Re: logstash failed action with response of 400, dropping ac

Posted: Tue Mar 07, 2017 10:45 am
by mcapra
This is a known issue with the logstash-input-syslog plugin. I would suggest pointing that host (10.30.217.55) to a generic tcp/udp input for the time being (NLS uses 2056 by default). If you need help writing a filter to capture the fields, if you can provide some sample messages being collected I can assist with that.

Re: logstash failed action with response of 400, dropping ac

Posted: Tue Mar 07, 2017 12:47 pm
by burkm
That host is just one of many generating these Java errors. Do you suggest that I change them all from port 5544 to port 2056?

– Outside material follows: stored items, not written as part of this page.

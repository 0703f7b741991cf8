-- ===== src/Cash/Ledger.antt =====
-- The ledger behind a fund: the signed entries that were posted to it, and the part of its balance
-- that they do not explain. `posted_to` and `basis` are the specification that the services meet.
use coffee_shop_be.Prelude.{
  ℕ, Option, none, some, List, [], ◌∷◌, ◌==◌, if◌then◌else◌, ◌≡◌, refl, arith,
}
use coffee_shop_be.Prelude.Int.{ℤ, pos, ◌+ℤ◌, ◌-ℤ◌}
use coffee_shop_be.Prelude.Table.{find, update, find-update}
use coffee_shop_be.Cash.Types.{Fund, CashFlow, income, expense, CashTransaction, Db}
use coffee_shop_be.Cash.Access.{create_transaction, add_balance, set_balance}

abbrev pub signed : CashFlow → ℤ → ℤ
signed income amount = amount
signed expense amount = pos 0 -ℤ amount

-- The sum of the entries of one fund.
unfoldable pub posted_to : ℕ → List CashTransaction → ℤ
posted_to f [] = pos 0
posted_to f (t ∷ ts) =
    let rest = posted_to f ts in if t.fund_id == f then signed t.flow t.amount +ℤ rest else rest

abbrev balance_in : Option Fund → ℤ
balance_in none = pos 0
balance_in (some f) = f.balance

unfoldable pub balance_of : ℕ → List Fund → ℤ
balance_of f funds = balance_in (find (λ r. r.id) f funds)

-- What a fund holds beyond its entries: its opening balance.
unfoldable pub basis : ℕ → Db → ℤ
basis f db = balance_of f db.funds -ℤ posted_to f db.transactions

pub basis-eq :
    (f : ℕ) (db db' : Db)
    → db'.funds ≡ db.funds
    → db'.transactions ≡ db.transactions
    → basis f db' ≡ basis f db
unfolding basis
basis-eq f db db' p q = rw (p, q) refl

pub posted_to-create_transaction :
    (f : ℕ) (db : Db) (flow : CashFlow) (amount : ℤ) (date fund : ℕ) (shift : Option ℕ)
    (employee : ℕ) (invoice : Option ℕ)
    → posted_to f (create_transaction db flow amount date fund shift employee invoice).transactions
      ≡ (if fund == f
          then signed flow amount +ℤ posted_to f db.transactions
          else posted_to f db.transactions)
unfolding posted_to create_transaction
posted_to-create_transaction f db flow amount date fund shift employee invoice = refl

pub balance_of-set :
    (f k : ℕ) (b : ℤ) {r : Fund} (funds : List Fund)
    → find (λ r. r.id) k funds ≡ some r
    → balance_of f (update (λ r. r.id) k (set_balance b) funds)
      ≡ (if k == f then b else balance_of f funds)
unfolding balance_of
balance_of-set f k b funds e =
    ground (arith, find-update (λ r. r.id) f k (set_balance b) funds (λ r. refl))

pub balance_of-add :
    (f k : ℕ) (a : ℤ) {r : Fund} (funds : List Fund)
    → find (λ r. r.id) k funds ≡ some r
    → balance_of f (update (λ r. r.id) k (add_balance a) funds)
      ≡ (if k == f then balance_of f funds +ℤ a else balance_of f funds)
unfolding balance_of
balance_of-add f k a funds e =
    ground (arith, find-update (λ r. r.id) f k (add_balance a) funds (λ r. refl))

pub balance_of-find :
    (k : ℕ) {r : Fund} (funds : List Fund)
    → find (λ r. r.id) k funds ≡ some r
    → balance_of k funds ≡ r.balance
unfolding balance_of
balance_of-find k funds e = rw e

Re: logstash failed action with response of 400, dropping ac

Posted: Tue Mar 07, 2017 2:33 pm
by mcapra
Yes. You'll probably need to write a custom filter rule to properly handle the date formatting presented by these logs. We can assist with that if needed. I just want to be sure that we can at least get the logs going to the right place first.